• **What you need to do**
Please filter the data down to the lines that include the word "backed" and copy them.

• **Material supplied**
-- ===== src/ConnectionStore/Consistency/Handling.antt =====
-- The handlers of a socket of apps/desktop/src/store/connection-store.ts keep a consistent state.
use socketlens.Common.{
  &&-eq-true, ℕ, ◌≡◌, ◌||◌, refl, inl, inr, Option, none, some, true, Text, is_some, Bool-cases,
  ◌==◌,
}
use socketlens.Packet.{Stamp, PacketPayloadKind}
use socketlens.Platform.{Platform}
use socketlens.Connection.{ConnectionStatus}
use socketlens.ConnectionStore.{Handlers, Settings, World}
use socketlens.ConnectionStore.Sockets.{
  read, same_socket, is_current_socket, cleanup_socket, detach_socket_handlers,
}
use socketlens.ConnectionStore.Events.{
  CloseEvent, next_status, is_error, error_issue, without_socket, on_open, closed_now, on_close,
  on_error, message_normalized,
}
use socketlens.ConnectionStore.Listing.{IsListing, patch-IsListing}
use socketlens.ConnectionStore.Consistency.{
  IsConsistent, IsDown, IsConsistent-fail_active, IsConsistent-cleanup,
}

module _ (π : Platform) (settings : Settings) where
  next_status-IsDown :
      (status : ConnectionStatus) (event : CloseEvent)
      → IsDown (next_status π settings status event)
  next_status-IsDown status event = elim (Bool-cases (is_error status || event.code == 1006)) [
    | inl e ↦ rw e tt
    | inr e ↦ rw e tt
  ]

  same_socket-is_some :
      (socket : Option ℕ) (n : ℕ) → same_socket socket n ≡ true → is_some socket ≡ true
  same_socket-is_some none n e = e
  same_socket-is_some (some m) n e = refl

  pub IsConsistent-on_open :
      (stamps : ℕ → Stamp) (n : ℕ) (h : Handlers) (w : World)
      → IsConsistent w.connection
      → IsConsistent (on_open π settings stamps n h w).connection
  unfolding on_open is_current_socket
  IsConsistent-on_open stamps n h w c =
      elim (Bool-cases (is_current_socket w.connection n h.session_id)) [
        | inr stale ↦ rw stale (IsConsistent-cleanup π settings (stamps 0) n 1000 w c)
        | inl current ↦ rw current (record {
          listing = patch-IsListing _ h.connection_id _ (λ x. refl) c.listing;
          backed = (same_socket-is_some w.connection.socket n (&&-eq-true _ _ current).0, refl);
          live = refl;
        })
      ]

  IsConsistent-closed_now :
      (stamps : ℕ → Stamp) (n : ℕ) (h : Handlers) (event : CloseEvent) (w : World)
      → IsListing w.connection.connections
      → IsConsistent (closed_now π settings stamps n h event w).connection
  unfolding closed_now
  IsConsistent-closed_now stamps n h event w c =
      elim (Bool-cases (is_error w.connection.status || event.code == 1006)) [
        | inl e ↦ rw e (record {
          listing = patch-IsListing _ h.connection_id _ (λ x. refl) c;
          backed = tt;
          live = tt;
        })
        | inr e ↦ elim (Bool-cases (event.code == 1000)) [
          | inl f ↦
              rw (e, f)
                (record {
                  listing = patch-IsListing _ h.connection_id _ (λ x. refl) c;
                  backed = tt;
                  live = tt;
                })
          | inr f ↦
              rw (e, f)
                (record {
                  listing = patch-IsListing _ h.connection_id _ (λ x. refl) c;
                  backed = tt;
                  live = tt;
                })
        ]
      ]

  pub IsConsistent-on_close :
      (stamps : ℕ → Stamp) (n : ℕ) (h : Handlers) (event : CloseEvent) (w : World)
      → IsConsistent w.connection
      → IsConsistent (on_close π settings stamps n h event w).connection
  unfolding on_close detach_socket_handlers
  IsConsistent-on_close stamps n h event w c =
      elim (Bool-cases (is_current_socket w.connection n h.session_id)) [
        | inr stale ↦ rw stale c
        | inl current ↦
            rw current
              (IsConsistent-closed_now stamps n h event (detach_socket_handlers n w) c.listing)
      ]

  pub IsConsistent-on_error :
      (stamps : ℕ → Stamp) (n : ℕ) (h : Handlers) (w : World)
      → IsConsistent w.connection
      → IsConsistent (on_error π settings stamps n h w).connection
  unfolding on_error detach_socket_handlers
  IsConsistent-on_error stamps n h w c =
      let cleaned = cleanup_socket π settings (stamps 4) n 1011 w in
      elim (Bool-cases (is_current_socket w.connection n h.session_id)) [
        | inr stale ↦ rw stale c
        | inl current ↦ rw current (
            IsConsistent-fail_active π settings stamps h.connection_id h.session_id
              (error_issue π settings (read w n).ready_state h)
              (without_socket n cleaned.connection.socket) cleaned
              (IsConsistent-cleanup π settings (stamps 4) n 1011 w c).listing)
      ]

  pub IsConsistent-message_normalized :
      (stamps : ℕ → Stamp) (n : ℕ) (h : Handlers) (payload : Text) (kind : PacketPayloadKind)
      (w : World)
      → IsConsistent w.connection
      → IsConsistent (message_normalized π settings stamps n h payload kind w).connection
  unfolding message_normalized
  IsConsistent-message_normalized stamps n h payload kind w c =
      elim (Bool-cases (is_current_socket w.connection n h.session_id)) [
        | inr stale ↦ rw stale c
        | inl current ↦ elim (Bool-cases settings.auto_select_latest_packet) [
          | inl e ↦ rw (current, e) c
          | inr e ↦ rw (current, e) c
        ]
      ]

• **Answer to this problem**
          backed = (same_socket-is_some w.connection.socket n (&&-eq-true _ _ current).0, refl);
          backed = tt;
                  backed = tt;
                  backed = tt;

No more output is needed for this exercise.